When I left for a trip on Thursday of last week, it was dead from the weekend before. It was toasted. The LCD was blank white. The shutter cycled with the battery inserted and the power switch off. I just didn't see where there would be a reasonably economical repair in its future.

I just put a battery in, turned it on and, voila! It appears to be working fine. I'll maintain a stance of cautious optimism, but it seems to be chuggin' along perfectly.

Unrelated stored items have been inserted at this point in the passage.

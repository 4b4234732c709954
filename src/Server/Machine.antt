-- ===== src/Server/Machine.antt =====
-- The control connection as the server should run it, as a machine, and what goes out on the way.
use kernel_testkit.Base.{ℕ, List, [], ◌∷◌, ◌++◌}
use kernel_testkit.Base.Int.{ℤ, pos}
use kernel_testkit.Net.Errno.{Reason}
use kernel_testkit.Wire.{htonl}
use kernel_testkit.Control.{param_exchange, create_streams, server_error, state_byte}

-- Nobody is served; the client has been asked for its parameters; it has been told to make
-- streams; it has been told of an error.
pub data Phase : Type 0 where
  idle offered agreed refused : Phase

-- The `state` of a test in each phase; 0 before the first.
abbrev pub state_of : Phase → ℤ
state_of idle = pos 0
state_of offered = param_exchange
state_of agreed = create_streams
state_of refused = server_error

-- A step of the machine, and its message, where `listen` fails with the error numbers in `E`.
pub data Step (E : ℕ → Type 0) : Phase → List ℕ → Phase → Type 0 where
  offer : Step E idle (state_byte param_exchange) offered
  agree : Step E offered (state_byte create_streams) agreed
  -- The error goes out twice; a write may be interrupted before or between.
  refuse :
      (a b : ℕ)
      → Reason E a
      → Reason E b
      → Step E offered (state_byte server_error ++ (htonl a ++ htonl b)) refused

pub data Trace (E : ℕ → Type 0) : Phase → List ℕ → Phase → Type 0 where
  here : {p : Phase} → Trace E p [] p
  next : {p q r : Phase} {m n : List ℕ} → Trace E p m q → Step E q n r → Trace E p (m ++ n) r

-- Nothing is said of the error numbers.
abbrev pub Unsaid : ℕ → Type 0
Unsaid _ = Unit

-- Some of the bytes of a list, in order.
pub data Within : List ℕ → List ℕ → Type 0 where
  ends : Within [] []
  keep : {xs ys : List ℕ} (x : ℕ) → Within xs ys → Within (x ∷ xs) (x ∷ ys)
  skip : {xs ys : List ℕ} (y : ℕ) → Within xs ys → Within xs (y ∷ ys)

pub Within-nil : (ys : List ℕ) → Within [] ys
Within-nil [] = ends
Within-nil (y ∷ ys) = skip y (Within-nil ys)

pub Within-prefix : (xs ys : List ℕ) → Within xs (xs ++ ys)
Within-prefix [] ys = Within-nil ys
Within-prefix (x ∷ xs) ys = keep x (Within-prefix xs ys)

pub Within-append :
    {xs ys us vs : List ℕ} → Within xs ys → Within us vs → Within (xs ++ us) (ys ++ vs)
Within-append ends b = b
Within-append (keep x a) b = keep x (Within-append a b)
Within-append (skip y a) b = skip y (Within-append a b)
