-- ===== src/Server/Phases.antt =====
-- A phase of the control connection, and what the writes of `Control` do to it.
use kernel_testkit.Base.{
  ℕ, ◌≡◌, ◌≢◌, refl, ap, ◌∙◌, sym, subst, inl, inr, Bool-cases, List, ◌++◌, append_assoc,
  append-nil,
}
use kernel_testkit.Base.Int.{ℤ, is_neg}
use kernel_testkit.Base.Partial.{Ends, bind_ends, Returns-Ends}
use kernel_testkit.World.{get_errno, set_errno}
use kernel_testkit.Net.{nwrite}
use kernel_testkit.Net.Write.{NwriteDone, nwrite-Done}
use kernel_testkit.Test.{State, lift}
use kernel_testkit.Test.Lift.{Lifted, lift-Returns}
use kernel_testkit.Wire.{htonl}
use kernel_testkit.Params.Kept.{Kept}
use kernel_testkit.Control.{state_byte, send_errno}
use kernel_testkit.Control.SendState.{StateSent}
use kernel_testkit.Server.Machine.{
  Phase, state_of, Within, Within-nil, Within-prefix, Within-append,
}

-- In this phase, with the client at `fd`, and of the messages `m` some bytes have gone out to it,
-- and nothing to others.
abbrev pub At : ℤ → State → Phase → List ℕ → State → Type 0
At fd s₀ p m s =
    (s.test.state ≡ state_of p)
    × (s.test.ctrl_sck ≡ fd)
    × ((q : ℤ) → q ≢ fd → s.world.outbox q ≡ s₀.world.outbox q)
    × (bytes : List ℕ) × (s.world.outbox fd ≡ s₀.world.outbox fd ++ bytes)
    × Within bytes m

module _ (fd : ℤ) (s₀ : State) where
  pub kept-At :
      (p : Phase) (m : List ℕ) (s s' : State) → At fd s₀ p m s → Kept s tt s' → At fd s₀ p m s'
  kept-At p m s s' (st, c, others, bytes, out, w) (st', c', out') = (
    st' ∙ st,
    c' ∙ c,
    (λ q ne. ap (λ o. o q) out' ∙ others q ne),
    bytes,
    ap (λ o. o fd) out' ∙ out,
    w,
  )

  pub sent-At :
      (p q : Phase) (m : List ℕ) (s s' : State) (r : ℤ)
      → At fd s₀ p m s
      → StateSent (state_of q) s r s'
      → At fd s₀ q (m ++ state_byte (state_of q)) s'
  sent-At p q m s s' r (st, c, others, bytes, out, w) (t, mem, rep, h, sent, z) =
      let (b, left, e, o, rest) = sent in
      (
        ap (λ u. u.state) t,
        ap (λ u. u.ctrl_sck) t ∙ c,
        (λ a ne. rest a (rw c ne) ∙ others a ne),
        bytes ++ b,
        (rw c at o) ∙ ap (λ u. u ++ b) out ∙ rw append_assoc refl,
        Within-append w (subst (Within b) (sym e) (Within-prefix b left)),
      )

  -- A message of which nothing has gone out.
  pub more-At : (p : Phase) (m n : List ℕ) (s : State) → At fd s₀ p m s → At fd s₀ p (m ++ n) s
  more-At p m n s (st, c, others, bytes, out, w) = (
    st,
    c,
    others,
    bytes,
    out,
    subst (λ u. Within u (m ++ n)) (append-nil bytes) (Within-append w (Within-nil n)),
  )

  pub send_errno-At :
      (p : Phase) (m : List ℕ) (s : State)
      → At fd s₀ p m s
      → Ends (λ r s'. At fd s₀ p (m ++ htonl s.world.errno) s') (send_errno s)
  unfolding send_errno get_errno set_errno
  send_errno-At p m s (st, c, others, bytes, out, w) =
      let e = s.world.errno in
      let D = NwriteDone s.test.ctrl_sck (htonl e) s.world in
      bind_ends (Lifted D s) (λ r s'. At fd s₀ p (m ++ htonl e) s')
        (lift (nwrite s.test.ctrl_sck (htonl e)) s) _
        (Returns-Ends (Lifted D s) (lift (nwrite s.test.ctrl_sck (htonl e)) s) (
          lift-Returns D (nwrite s.test.ctrl_sck (htonl e)) s
            (nwrite-Done s.test.ctrl_sck (htonl e) s.world)))
        λ r s1 (d, t, mem, rep).
          let there : At fd s₀ p (m ++ htonl e) s1 = (
            ap (λ u. u.state) t ∙ st,
            ap (λ u. u.ctrl_sck) t ∙ c,
            (λ a ne. d.3.others a (rw c ne) ∙ others a ne),
            bytes ++ d.0,
            (rw c at d.3.sent) ∙ ap (λ u. u ++ d.0) out ∙ rw append_assoc refl,
            Within-append w (subst (Within d.0) (sym d.2) (Within-prefix d.0 d.1)),
          ) in
          elim (Bool-cases (is_neg r)) [ inl bad ↦ rw bad there | inr fine ↦ rw fine there ]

The Photo Gods have smile upon me.

Carry on...


----------



## jaomul (Nov 27, 2013)

I had use of my friends 40d a few years ago and when I went to buy one the 50d had already released and dropped to my budget. It did a lot of things well but i was never 100% convinced by image quality, so much so that I bought a 550d (t2i) and never really used the 50d after that. Others may have had more positive results. Fwd to the 7d and it had better images and was a great camera. The autofocus is always talked about here but I never really saw a benefit (though likely I had not used to its full potential). i would go 7d over 50d anyday. However if 5fps per second is enough (and it is for most), you would get the same a/f + video + an articulted screen + 3mp of in my opinion better image quality with the 60d. it is slightly less solid, with slightly less pro feel to 40d/50d but its a nice camera and anyone i know that has one has nothing but praise.

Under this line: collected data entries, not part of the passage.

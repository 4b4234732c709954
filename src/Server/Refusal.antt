-- ===== src/Server/Refusal.antt =====
-- How the server refuses: `report_error` of `Control`.
use kernel_testkit.Base.{
  ℕ, true, false, ◌≡◌, refl, ◌∙◌, subst, inl, inr, Bool-cases, if◌then◌else◌, List, ◌++◌,
  append_assoc,
}
use kernel_testkit.Base.Int.{ℤ, pos, minus_one, is_neg, ◌==ℤ◌}
use kernel_testkit.Base.Run.{pure, ◌>>=◌}
use kernel_testkit.Base.Partial.{Ends, Ends-both, bind_ends, Returns-Ends}
use kernel_testkit.World.{eintr}
use kernel_testkit.Net.Errno.{Reason}
use kernel_testkit.Test.{State}
use kernel_testkit.Wire.{htonl}
use kernel_testkit.Control.{
  server_error, state_byte, iperf_set_send_state, send_errno, report_error,
}
use kernel_testkit.Control.SendState.{StateSent, iperf_set_send_state-StateSent}
use kernel_testkit.Control.Errno.{iperf_set_send_state-Reason, send_errno-Reason}
use kernel_testkit.Server.Machine.{offered, refused, Within}
use kernel_testkit.Server.Phases.{At, sent-At, more-At, send_errno-At}

module _ (E : ℕ → Type 0) (fd : ℤ) (s₀ : State) where
  abbrev pub Refuses : List ℕ → ℤ → State → Type 0
  Refuses m r s' =
      (r ≡ minus_one)
      × (a : ℕ) × (b : ℕ) × Reason E a
      × Reason E b
      × At fd s₀ refused (m ++ (state_byte server_error ++ (htonl a ++ htonl b))) s'

  gathered :
      (m e : List ℕ) (a b : ℕ) (s : State)
      → At fd s₀ refused (((m ++ e) ++ htonl a) ++ htonl b) s
      → At fd s₀ refused (m ++ (e ++ (htonl a ++ htonl b))) s
  gathered m e a b s (st, c, others, bytes, out, w) = (
    st,
    c,
    others,
    bytes,
    out,
    subst (Within bytes)
        (append_assoc (m ++ e) (htonl a) (htonl b) ∙ append_assoc m e (htonl a ++ htonl b)) w,
  )

  -- The error number goes out twice, if the first write succeeds.
  errnos-Refuse :
      (m : List ℕ) (s : State)
      → At fd s₀ refused (m ++ state_byte server_error) s
      → Reason E s.world.errno
      → Ends (Refuses m) (
          (do
            r ← send_errno
            if is_neg r then pure minus_one else do _ ← send_errno; pure minus_one)
            s)
  errnos-Refuse m s at why =
      let e = state_byte server_error in
      let a = s.world.errno in
      let There = λ (r : ℤ) (s' : State). At fd s₀ refused ((m ++ e) ++ htonl a) s' in
      bind_ends (λ r s'. There r s' × (is_neg r ≡ false → Reason E s'.world.errno)) (Refuses m)
        (send_errno s) _
        (Ends-both There (λ r s'. is_neg r ≡ false → Reason E s'.world.errno) (send_errno s)
          (send_errno-At fd s₀ refused (m ++ e) s at) (send_errno-Reason E s why))
        λ r s1 (at1, why1). elim (Bool-cases (is_neg r)) [
          | inl bad ↦ rw bad (
            refl,
            a,
            eintr,
            why,
            inr (inl refl),
            gathered m e a eintr s1
                (more-At fd s₀ refused ((m ++ e) ++ htonl a) (htonl eintr) s1 at1),
          )
          | inr fine ↦ rw fine (
              bind_ends
                (λ r s'. At fd s₀ refused (((m ++ e) ++ htonl a) ++ htonl s1.world.errno) s')
                (Refuses m) (send_errno s1) _
                (send_errno-At fd s₀ refused ((m ++ e) ++ htonl a) s1 at1)
                λ r s2 at2.
                  (refl, a, s1.world.errno, why, why1 fine, gathered m e a s1.world.errno s2 at2))
        ]

  pub report_error-Refuses :
      (m : List ℕ) (s : State)
      → At fd s₀ offered m s
      → Reason E s.world.errno
      → Ends (Refuses m) (report_error s)
  unfolding report_error
  report_error-Refuses m s at why =
      let e = state_byte server_error in
      let Left = λ (r : ℤ) (s' : State). (r ==ℤ pos 0) ≡ true → Reason E s'.world.errno in
      bind_ends (λ r s'. StateSent server_error s r s' × Left r s') (Refuses m)
        (iperf_set_send_state server_error s) _
        (Ends-both (StateSent server_error s) Left (iperf_set_send_state server_error s)
          (Returns-Ends (StateSent server_error s) (iperf_set_send_state server_error s)
            (iperf_set_send_state-StateSent server_error s))
          (iperf_set_send_state-Reason E server_error s why))
        λ r s1 (sent, why1).
          let at1 = sent-At fd s₀ offered refused m s s1 r at sent in
          elim (Bool-cases (r ==ℤ pos 0)) [
            | inr bad ↦
                let at2 = more-At fd s₀ refused (m ++ e) (htonl eintr) s1 at1 in
                rw bad (
                  refl,
                  eintr,
                  eintr,
                  inr (inl refl),
                  inr (inl refl),
                  gathered m e eintr eintr s1
                      (more-At fd s₀ refused ((m ++ e) ++ htonl eintr) (htonl eintr) s1 at2),
                )
            | inl fine ↦ rw fine (errnos-Refuse m s1 at1 (why1 fine))
          ]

They are very cheap now also due the 70d recent release


----------



## robbins.photo (Nov 27, 2013)

Steve5D said:


> *HEAVY EDIT ALERT!!!*
> 
> Originally, this post was asking about which crop body to upgrade to following the watery demise of my 40D.
> 
> ...



Congrats Steve.. glad to hear the 40d has recovered.  Might want to climb the nearest mountain and sacrifice some ISO 400 color film.  The Photo Gods can be a persnickety bunch, and it couldn't hurt.. lol


----------



## jaomul (Nov 27, 2013)

Good stuff. No need to spend so


----------



## Overread (Nov 27, 2013)

I recall when Digital Rev soaked one of their cameras for a test they washed it out with distilled water and then let it dry out totally (I think they put it in the oven at a low setting as well as sealed in a box with those silica gel packs). The use of the distilled water being to wash out as many minerals as possible as sometimes when an electronic device gets waterlogged the water itself isn't the problem, but the deposits of minerals left behind after it dries out are.

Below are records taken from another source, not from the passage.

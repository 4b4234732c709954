-- ===== src/Server/Refinement.antt =====
-- `iperf_accept` on a free server follows the machine, with any kernel and any peer.
use kernel_testkit.Base.{
  ℕ, ◌==◌, ◌≡◌, ◌≢◌, refl, ap, ◌∙◌, sym, subst, ◌⊎◌, inl, inr, Bool, true, false, Bool-cases,
  if◌then◌else◌, List, ◌++◌, arith,
}
use kernel_testkit.Base.Int.{ℤ, pos, minus_one, is_neg, ◌==ℤ◌, ==ℤ_iff}
use kernel_testkit.Base.Run.{Cmd, pure, ◌>>=◌, ◌>>◌}
use kernel_testkit.Base.Partial.{Ends, Ends-both, bind_ends, Returns-Ends, weaken_ends}
use kernel_testkit.Links.{null}
use kernel_testkit.World.{done, syscall, syscall_value, accept, tick}
use kernel_testkit.Sockets.{getsockdomain}
use kernel_testkit.Test.{State}
use kernel_testkit.Json.{Json}
use kernel_testkit.Params.{get_parameters}
use kernel_testkit.Params.Kept.{Kept, get_parameters-Kept}
use kernel_testkit.Report.{print_text, iperf_printf, iperf_on_connect}
use kernel_testkit.Control.{
  param_exchange, create_streams, state_byte, iperf_set_send_state, report_error, protocol_listen,
  exchange_as_server, iperf_exchange_parameters,
}
use kernel_testkit.Control.SendState.{StateSent, iperf_set_send_state-StateSent}
use kernel_testkit.Server.{serve, iperf_accept}
use kernel_testkit.Server.Refusal.{Refuses, report_error-Refuses}
use kernel_testkit.Server.Machine.{
  Phase, idle, offered, agreed, refused, offer, agree, refuse, Trace, here, next, Within,
  Within-prefix,
}
use kernel_testkit.Server.Phases.{At, kept-At, sent-At}

-- A protocol's `listen` that keeps away from the control connection.
abbrev pub Minds : Cmd State ℤ → Type 0
Minds listen = (s : State) → Ends (Kept s) (listen s)

-- The error numbers with which `listen` fails.
abbrev pub LeavesErrno : (ℕ → Type 0) → Cmd State ℤ → Type 0
LeavesErrno E listen = (s : State) → Ends (λ r s'. is_neg r ≡ true → E s'.world.errno) (listen s)

-- The machine has gone from `idle` to a phase, and the server is in it; where 0 is returned it is
-- `agreed`.
abbrev pub Follows : (ℕ → Type 0) → ℤ → State → ℤ → State → Type 0
Follows E fd s₀ r s =
    (p : Phase) × (m : List ℕ) × Trace E idle m p
    × At fd s₀ p m s
    × (((r ≡ pos 0) × (p ≡ agreed)) ⊎ (r ≡ minus_one))

on_connect-Kept : (s : State) → Ends (Kept s) (iperf_on_connect s)
unfolding iperf_on_connect iperf_printf print_text syscall_value getsockdomain
on_connect-Kept s = ground arith

module _ (E : ℕ → Type 0) (fd : ℤ) (s₀ : State) where
  agreed_or_failed :
      (s : State) (r : ℤ)
      → At fd s₀ agreed (state_byte param_exchange ++ state_byte create_streams) s
      → Follows E fd s₀ (if r ==ℤ pos 0 then pos 0 else minus_one) s
  agreed_or_failed s r at = elim (Bool-cases (r ==ℤ pos 0)) [
    | inl good ↦ (agreed, _, next (next here offer) agree, at, rw good (inl (refl, refl)))
    | inr bad ↦ (agreed, _, next (next here offer) agree, at, rw bad (inr refl))
  ]

  -- The answer to the parameters, after `listen` has returned `r`.
  answer-Follows :
      (r : ℤ) (s : State)
      → At fd s₀ offered (state_byte param_exchange) s
      → (is_neg r ≡ true → E s.world.errno)
      → Ends (Follows E fd s₀) (
          (if is_neg r then report_error else do
            r ← iperf_set_send_state create_streams
            pure (if r ==ℤ pos 0 then pos 0 else minus_one))
            s)
  answer-Follows r s at why =
      let m = state_byte param_exchange in
      elim (Bool-cases (is_neg r)) [
        | inl bad ↦ rw bad (
            weaken_ends (Refuses E fd s₀ m) (Follows E fd s₀) (report_error s)
              (report_error-Refuses E fd s₀ m s at (inl (why bad)))
              λ r s' (e, a, b, why_a, why_b, at1).
                (refused, _, next (next here offer) (refuse a b why_a why_b), at1, inr e))
        | inr fine ↦ rw fine (
            bind_ends (StateSent create_streams s) (Follows E fd s₀)
              (iperf_set_send_state create_streams s) _
              (Returns-Ends (StateSent create_streams s) (iperf_set_send_state create_streams s)
                (iperf_set_send_state-StateSent create_streams s))
              λ r s' sent. agreed_or_failed s' r (sent-At fd s₀ offered agreed m s s' r at sent))
      ]

  sent_offer-At :
      (s : State) (r : ℤ)
      → StateSent param_exchange (record s₀ { test = record (s₀.test) { ctrl_sck = fd } }) r s
      → At fd s₀ offered (state_byte param_exchange) s
  sent_offer-At s r (t, mem, rep, h, sent, z) =
      let (b, left, e, o, others) = sent in
      (
        ap (λ u. u.state) t,
        ap (λ u. u.ctrl_sck) t,
        others,
        b,
        o,
        subst (Within b) (sym e) (Within-prefix b left),
      )

  failed : (r : ℤ) (s : State) → Follows E fd s₀ r s → is_neg r ≡ true → Follows E fd s₀ minus_one s
  failed r s (p, m, trace, at, end) bad = (p, m, trace, at, ground arith)

module _ (E : ℕ → Type 0) (J : Json) (listen : Cmd State ℤ) (minds : Minds listen)
    (leaves : LeavesErrno E listen) (k : ℕ) (junk : List ℕ) where
  abbrev Listened : State → ℤ → State → Type 0
  Listened s r s' = Kept s r s' × (is_neg r ≡ true → E s'.world.errno)

  listen-Listened : (s : State) → Ends (Listened s) (protocol_listen J listen k junk s)
  unfolding protocol_listen
  listen-Listened s = elim (Bool-cases (s.test.protocol == null)) [
    | inl none_chosen ↦ rw none_chosen tt
    | inr chosen ↦ rw chosen (
        Ends-both (Kept s) (λ r s'. is_neg r ≡ true → E s'.world.errno) (listen s) (minds s)
          (leaves s))
  ]

  exchange-Follows :
      (fd : ℤ) (s₀ s : State)
      → At fd s₀ offered (state_byte param_exchange) s
      → Ends (Follows E fd s₀) (exchange_as_server J listen k junk s)
  unfolding exchange_as_server
  exchange-Follows fd s₀ s at =
      let m = state_byte param_exchange in
      bind_ends (Kept s) (Follows E fd s₀) (get_parameters J k junk s) _
        (get_parameters-Kept J k junk s)
        λ got s1 kept1.
          let at1 = kept-At fd s₀ offered m s s1 at kept1 in
          elim (Bool-cases (is_neg got)) [
            | inl bad ↦ rw bad (offered, m, next here offer, at1, inr refl)
            | inr fine ↦ rw fine (
                bind_ends (Listened s1) (Follows E fd s₀) (protocol_listen J listen k junk s1) _
                  (listen-Listened s1)
                  λ r s2 (kept2, why).
                    answer-Follows E fd s₀ r s2 (kept-At fd s₀ offered m s1 s2 at1 kept2) why)
          ]

  connected :
      (fd : ℤ) (s₀ : State) (has : Bool) (r : ℤ) (s : State)
      → Follows E fd s₀ r s
      → is_neg r ≡ false
      → Ends (Follows E fd s₀) ((if has then iperf_on_connect >> pure (pos 0) else pure (pos 0)) s)
  connected fd s₀ has r s (p, m, trace, at, inr bad) fine = ground arith
  connected fd s₀ true r s (p, m, trace, at, inl (z, e)) fine =
      bind_ends (Kept s) (Follows E fd s₀) (iperf_on_connect s) _ (on_connect-Kept s)
        λ u s1 kept. (p, m, trace, kept-At fd s₀ p m s s1 at kept, inl (refl, e))
  connected fd s₀ false r s (p, m, trace, at, inl (z, e)) fine = (p, m, trace, at, inl (refl, e))

  serve-Follows :
      (fd : ℤ) (s : State)
      → (s.test.role == 99) ≡ false
      → Ends (Follows E fd s) (serve J listen k junk fd s)
  unfolding serve iperf_exchange_parameters
  serve-Follows fd s role =
      let s0 = record s { test = record (s.test) { ctrl_sck = fd } } in
      let m = state_byte param_exchange in
      bind_ends (StateSent param_exchange s0) (Follows E fd s)
        (iperf_set_send_state param_exchange s0) _
        (Returns-Ends (StateSent param_exchange s0) (iperf_set_send_state param_exchange s0)
          (iperf_set_send_state-StateSent param_exchange s0))
        λ r s1 sent.
          let at1 : At fd s offered m s1 = sent_offer-At E fd s s1 r sent in
          let server : (s1.test.role == 99) ≡ false = ap (λ q. q.role == 99) (sent.0) ∙ role in
          elim (Bool-cases (r ==ℤ pos 0)) [
            | inr bad ↦ rw bad (offered, m, next here offer, at1, inr refl)
            | inl fine ↦
                rw (fine, server)
                  (bind_ends (Follows E fd s) (Follows E fd s)
                    (exchange_as_server J listen k junk s1) _ (exchange-Follows fd s s1 at1)
                    λ r s2 f. elim (Bool-cases (is_neg r)) [
                      | inl bad ↦ rw bad (failed E fd s r s2 f bad)
                      | inr good ↦ rw good (connected fd s s2.test.on_connect r s2 f good)
                    ])
          ]

  -- Whatever the kernel answers after `accept` and whatever the peer sends, with a protocol's
  -- `listen` that keeps away from the control socket and leaves a number of `E` in `errno` where it
  -- fails: if `iperf_accept` of a free server that is no client returns, then the machine `Step` has
  -- a trace from `idle` to the phase that the state stands for. The client is the control socket,
  -- all that has gone out to it is some of the bytes of the trace, in order, nothing has gone out to
  -- any other descriptor, and the result is 0 with the phase `agreed`, or -1.
  pub iperf_accept-Follows :
      (s : State) (n : ℕ)
      → s.test.ctrl_sck ≡ minus_one
      → s.test.role ≢ 99
      → s.world.reply s.world.clock ≡ done n
      → Ends (Follows E (pos n) s) (iperf_accept J listen k junk s)
  unfolding iperf_accept
  iperf_accept-Follows s n free role d =
      let open_seat : (s.test.ctrl_sck ==ℤ minus_one) ≡ true =
        (==ℤ_iff s.test.ctrl_sck minus_one).1 free in
      let server : (s.test.role == 99) ≡ false = ground arith in
      rw (d, syscall, open_seat)
        (serve-Follows (pos n) (record s { world = tick (accept s.test.listener) s.world }) server)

Ps if you want to replace a 40D ever - then 7D if new or 50D if older.


----------



## Steve5D (Nov 27, 2013)

robbins.photo said:


> Steve5D said:
> 
> 
> > *HEAVY EDIT ALERT!!!*
> ...


----------



## Steve5D (Nov 27, 2013)

jaomul said:


> Good stuff. No need to spend so



Yeah, I definitely wasn't looking forward to laying out the cash for a new rig. I like the 40D. I'm comfortable with it. It does everything I need it to do.

I'm glad it's not dead. I'm really, really glad it's not dead...


----------



## pixmedic (Nov 27, 2013)

Steve5D said:


> jaomul said:
> 
> 
> > Good stuff. No need to spend so
> ...



so that's a repair to the 5D, escaping a replacement there, and a miracle healing on the 40D... damn, your cameras must love you!


----------



## Steve5D (Nov 27, 2013)

pixmedic said:


> Steve5D said:
> 
> 
> > jaomul said:
> ...



Yeah, I guess so!

As much as I'd like to be shooting with a 7D, I'm glad I don't have to drop the cash right now...


----------



## lambertpix (Nov 27, 2013)

That's one tough camera.  I do believe the "x0D" line peaked with the 40D.  I hope your good luck holds out.


----------



## Overread (Nov 27, 2013)

lambertpix said:


> That's one tough camera.  I do believe the "x0D" line peaked with the 40D.  I hope your good luck holds out.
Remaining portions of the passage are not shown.